Round 5, Pick 137: Jordan Paroubeck, OF, San Diego Padres ($492,000)
After three safe picks, the goal was to select the best tools available. Paroubeck, a switch hitting outfielder with speed and power fit the bill. Plus, there’s nothing wrong in drafting a prospect whose hitting coach is Barry Bonds. Knowing little about him other than the blurb on the MLB.com Draft Tracker, watching Paroubeck’s video was enlightening. Bonds may have had the most compact swing in the history of baseball. His ability to stay inside the ball led to a swing with no holes. In watching Paroubeck, one can see a prospect trying to replicate that swing.
Round 6, Pick 155: Ryan Eades, RHP, Minnesota Twins ($779,500 est.)

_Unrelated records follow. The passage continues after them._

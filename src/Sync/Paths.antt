-- ===== src/Sync/Paths.antt =====
-- src/sync/sync.cpp: `path_allowed`. `realpath` is the system's: the absolute path without links,
-- or nothing if the path does not exist.
use llama_cli.Base.Words.{rfind}
use llama_cli.Base.{
  Bool, false, ◌||◌, Option, none, some, ◌++◌, take, Text, codes, text_eq, starts_with,
}

unfoldable pub is_within : Text → Text → Bool
is_within resolved root = text_eq resolved root || starts_with (root ++ codes "/") resolved

unfoldable pub parent_of : Text → Text
parent_of path = elim (rfind b'/' path) [ none ↦ codes "." | some slash ↦ take slash path ]

module _ (realpath : Text → Option Text) where
  unfoldable pub path_allowed : Text → Text → Bool
  path_allowed path sandbox = elim (realpath sandbox) [
    | none ↦ false
    | some root ↦ elim (realpath path) [
      | some resolved ↦ is_within resolved root
      | none ↦ elim (realpath (parent_of path)) [
        | none ↦ false
        | some resolved ↦ is_within resolved root
      ]
    ]
  ]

At this time this is published, the selection of Eades has not been confirmed. However, his combination of signing bonus, prior labrum surgery and struggles in the Appalachian League leave us confident he’ll be our final pick of the draft. In need of pitchers with the ability to move quickly, Eades is worth the risk considering the Martinez selection left us under budget. Rumored as a first round talent, the risk-versus-reward of Eades is too much to pass up 155 picks in. As a former LSU pitcher, he has faced strong competition his entire college career and I’m comfortable betting on SEC arms to succeed. Plus, a RFB draft slot this late brings Eades’ bonus number down considerably, helping make an even stronger case.
With our 80-man roster at capacity, it’s time to gear up for the Reality Fantasy Baseball season starting in late April. The season begins late, allowing for teams to accumulate games played to use during off days. This way, every start from a team’s best players count towards win/loss totals.